FAKTY, WYDARZENIA:
- 1958-1959 - niedociągnięcia w zarządzaniu Spółdzielnią
- 1960 - zmiana władz Spółdzielni, odchodzi Alojzy Gruszka
... nie działo się, niestety, najlepiej. Jeszcze w marcu 1958 roku podczas Walnego Zgromadzenia, Karol Barczok podkreśla "dobrą pracę władz (...), co należy tylko pochwalić". W drugiej połowie roku rewident Związku Spółdzielni Mieszkaniowych przeprowadził lustrację. Rewizja wykazała, że spółdzielczy warsztat naprawczy "jest niedbale prowadzony pod względem rozliczeń i zużycia materiałów, nie ma odpowiedniej kontroli wykonywanych prac, jak również nie prowadzi się rachunku ekonomicznego". Niewłaściwie prowadzono również rozliczanie "z magli". Ponadto dwóm członkom Zarządu wypłacono nie zatwierdzone przez Radę Nadzorczą pobory.
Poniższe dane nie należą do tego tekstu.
-- ===== src/Notification.antt =====
-- The notification channel from end to end: what the controller of
-- src/pox/pox/livestreaming/bypass.py writes into a heartbeat, and what src/hosts/common.py and the
-- hosts read from it.
pub mod EndToEnd
pub mod Peers
pub mod Replaced
pub mod Rendezvous
use Prim.Native.Nat.{pred}
use mathlib.Core.List.{append_assoc}
use p2p_livestreaming.Prelude.{
  ℕ, zero, suc, ◌+◌, ◌-◌, ◌≤◌, ◌<◌, ◌≡◌, ◌≢◌, refl, sym, ap, ◌∙◌, Bool, true, false, ◌&&◌, ◌||◌,
  ◌⊎◌, inl, inr, Option, some, none, List, [], ◌∷◌, ◌++◌, arith, leb, ◌==◌, All, All-append,
  All-replicate, All-map, length, replicate, length-append, length-replicate, length-take, take,
  take_of_le, take-append_length, append_nil, if◌then◌else◌, Bytes, codes, Lacks, IsSolid, is_space,
  find, find-append, find_of_Lacks, slice_to, pad_right, strip, strip_of_IsSolid, contains,
  contains_of_Lacks, contains-append,
}
use p2p_livestreaming.Bypass.NotifyHandler.{peer_payload}
use p2p_livestreaming.Hosts.{heartbeat_data, heartbeat_clue, notify_is_heartbeat, parse_notify_ip}

-- A dotted decimal address: digits and dots, at most 15 of them.
abbrev pub is_dotted : ℕ → Bool
is_dotted b = b == b'.' || (leb b'0' b && leb b b'9')

pub record IsAddress (s : Bytes) : Type 0 where
  pub dotted : All (λ b. is_dotted b ≡ true) s
  pub short : length s ≤ 15

abbrev pub pad : ℕ → Bytes
pad n = replicate n b'|'

abbrev IsPrinted : Bytes → Type 0
IsPrinted = All (λ b. (b ≡ b'|') ⊎ (is_dotted b ≡ true))

Lacks-padding : (s : Bytes) → All (λ b. is_dotted b ≡ true) s → Lacks b'|' s
Lacks-padding s = All-map (λ b. is_dotted b ≡ true) (λ b. b ≢ b'|') s (λ b h. ground arith)

IsPrinted-padded : (s : Bytes) (n : ℕ) → All (λ b. is_dotted b ≡ true) s → IsPrinted (s ++ pad n)
IsPrinted-padded s n h =
    All-append (λ b. (b ≡ b'|') ⊎ (is_dotted b ≡ true)) s (pad n)
      (All-map (λ b. is_dotted b ≡ true) (λ b. (b ≡ b'|') ⊎ (is_dotted b ≡ true)) s (λ b. inr) h)
      (All-replicate (λ b. (b ≡ b'|') ⊎ (is_dotted b ≡ true)) n b'|' (inl refl))

IsSolid-printed : (s : Bytes) → IsPrinted s → IsSolid s
IsSolid-printed s =
    All-map (λ b. (b ≡ b'|') ⊎ (is_dotted b ≡ true)) (λ b. is_space b ≡ false) s
      (λ b h. ground arith)

Lacks-printed : (s : Bytes) → IsPrinted s → Lacks b'h' s
Lacks-printed s =
    All-map (λ b. (b ≡ b'|') ⊎ (is_dotted b ≡ true)) (λ b. b ≢ b'h') s (λ b h. ground arith)

pub IsSolid-heartbeat_data : IsSolid heartbeat_data
IsSolid-heartbeat_data = ground arith

module _ (show_ip : ℕ → Bytes) (a : ℕ) (address : IsAddress (show_ip a)) where
  pub peer_payload_padded :
      peer_payload show_ip (some a) ≡ show_ip a ++ pad (15 - length (show_ip a))
  unfolding peer_payload
  peer_payload_padded = refl

  IsPrinted-peer_payload : IsPrinted (peer_payload show_ip (some a))
  IsPrinted-peer_payload =
      rw peer_payload_padded (IsPrinted-padded (show_ip a) (15 - length (show_ip a)) address.dotted)

  pub IsSolid-peer_payload : IsSolid (peer_payload show_ip (some a))
  IsSolid-peer_payload = IsSolid-printed _ IsPrinted-peer_payload

  -- A pushed address has the length of a heartbeat.
  pub length-peer_payload : length (peer_payload show_ip (some a)) ≡ length heartbeat_data
  length-peer_payload = rw peer_payload_padded (
      omega (
        arith,
        address.short,
        length-append (show_ip a) (pad (15 - length (show_ip a))),
        length-replicate {A = ℕ} (15 - length (show_ip a)) b'|',
      ))

  -- The hosts do not take a pushed address for a heartbeat.
  pub peer_payload_no_heartbeat :
      notify_is_heartbeat (strip (peer_payload show_ip (some a))) ≡ false
  unfolding notify_is_heartbeat
  peer_payload_no_heartbeat =
      ap (contains heartbeat_clue)
        (strip_of_IsSolid (peer_payload show_ip (some a)) IsSolid-peer_payload)
      ∙ contains_of_Lacks b'h' (codes "eartbeat") (peer_payload show_ip (some a))
          (Lacks-printed _ IsPrinted-peer_payload)

  pub Lacks-peer_payload : Lacks b'h' (peer_payload show_ip (some a))
  Lacks-peer_payload = Lacks-printed _ IsPrinted-peer_payload

  -- A text that starts with a pushed address is read as this address, whatever stands behind it.
  pub parse_notify_ip-peer_payload_behind :
      (rest : Bytes)
      → length (show_ip a) < 15
      → parse_notify_ip (peer_payload show_ip (some a) ++ rest) ≡ show_ip a
  unfolding parse_notify_ip
  parse_notify_ip-peer_payload_behind rest lt =
      let k = 14 - length (show_ip a) in
      let text = show_ip a ++ b'|' ∷ (pad k ++ rest) in
      let split =
        ap (λ s. s ++ rest)
          (peer_payload_padded ∙ ap (λ n. show_ip a ++ pad n) {y = suc k} (omega arith))
        ∙ append_assoc (show_ip a) (pad (suc k)) rest in
      ap parse_notify_ip {y = text} split
      ∙ ap (λ i. slice_to i text)
          (find-append b'|' (show_ip a) (pad k ++ rest) (Lacks-padding (show_ip a) address.dotted))
      ∙ take-append_length (show_ip a) (b'|' ∷ (pad k ++ rest))

  parse_padded : (k : ℕ) → parse_notify_ip (show_ip a ++ pad (suc k)) ≡ show_ip a
  unfolding parse_notify_ip
  parse_padded k =
      ap (λ i. slice_to i (show_ip a ++ pad (suc k)))
        (find-append b'|' (show_ip a) (pad k) (Lacks-padding (show_ip a) address.dotted))
      ∙ take-append_length (show_ip a) (pad (suc k))

  parse_unpadded : length (show_ip a) ≡ 15 → parse_notify_ip (show_ip a) ≡ take 14 (show_ip a)
  unfolding parse_notify_ip
  parse_unpadded full =
      ap (λ i. slice_to i (show_ip a))
        (find_of_Lacks b'|' (show_ip a) (Lacks-padding (show_ip a) address.dotted))
      ∙ ap (λ n. take (pred n) (show_ip a)) full

  -- An address of digits and dots, of fewer than 15 characters, is read back by the hosts as it was
  -- pushed.
  pub parse_notify_ip-peer_payload :
      length (show_ip a) < 15 → parse_notify_ip (strip (peer_payload show_ip (some a))) ≡ show_ip a
  parse_notify_ip-peer_payload lt =
      ap parse_notify_ip (
        strip_of_IsSolid (peer_payload show_ip (some a)) IsSolid-peer_payload
        ∙ peer_payload_padded
        ∙ ap (λ n. show_ip a ++ pad n) {y = suc (14 - length (show_ip a))} (omega arith))
      ∙ parse_padded (14 - length (show_ip a))

  -- An address of digits and dots of 15 characters leaves no padding, and the hosts lose its last
  -- character.
  pub parse_notify_ip_cut :
      length (show_ip a) ≡ 15
      → (parse_notify_ip (strip (peer_payload show_ip (some a))) ≡ take 14 (show_ip a))
        × (take 14 (show_ip a) ≢ show_ip a)
  parse_notify_ip_cut full = (
    ap parse_notify_ip (
          strip_of_IsSolid (peer_payload show_ip (some a)) IsSolid-peer_payload
          ∙ peer_payload_padded
          ∙ ap (λ n. show_ip a ++ pad n) {y = 0} (omega arith)
          ∙ append_nil (show_ip a))
        ∙ parse_unpadded full,
    λ e. omega (arith, full, ap length e, length-take 14 (show_ip a)),
  )

  -- A pushed address of digits and dots that `recv` returns together with a heartbeat, before or
  -- behind it, is taken for a heartbeat.
  pub peer_payload_coalesced :
      (notify_is_heartbeat (strip (heartbeat_data ++ peer_payload show_ip (some a))) ≡ true)
      × (notify_is_heartbeat (strip (peer_payload show_ip (some a) ++ heartbeat_data)) ≡ true)
  unfolding notify_is_heartbeat
  peer_payload_coalesced = (
    ap (contains heartbeat_clue) (
          strip_of_IsSolid (heartbeat_data ++ peer_payload show_ip (some a))
            (All-append _ heartbeat_data _ IsSolid-heartbeat_data IsSolid-peer_payload))
        ∙ contains-append heartbeat_clue (codes "xxx")
            (codes "xxx" ++ peer_payload show_ip (some a)),
    ap (contains heartbeat_clue) (
          strip_of_IsSolid (peer_payload show_ip (some a) ++ heartbeat_data) (
            All-append _ (peer_payload show_ip (some a)) heartbeat_data IsSolid-peer_payload
              IsSolid-heartbeat_data)
          ∙ sym (
              append_assoc (peer_payload show_ip (some a)) (codes "xxx")
                (heartbeat_clue ++ codes "xxx")))
        ∙ contains-append heartbeat_clue (peer_payload show_ip (some a) ++ codes "xxx")
            (codes "xxx"),
  )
Wreszcie stwierdzono, że między członkami Rady Nadzorczej istnieje pokrewieństwo. Rewizja musiała być przez członków władz Spółdzielni potraktowana jako złośliwie prowadzona, skoro niektórzy z nich pozwalali sobie na sarkastyczne, odnotowane w protokole zebrania uwagi. Na kolejnym zebraniu Rady, tydzień później, choć wszystko zdawało się wracać do normy, doszło do spięć. Jeden z członków Rady, czując się urażony, opuścił posiedzenie, rezygnując z członkostwa. Następny opuścił posiedzenie ze słowami "Rezygnacji z członka rady nie składam, ale protestuję". Całości dopełnił przewodniczący Rady, Józef Krzyż rezygnując i z funkcji przewodniczącego i z członkostwa w Radzie Nadzorczej.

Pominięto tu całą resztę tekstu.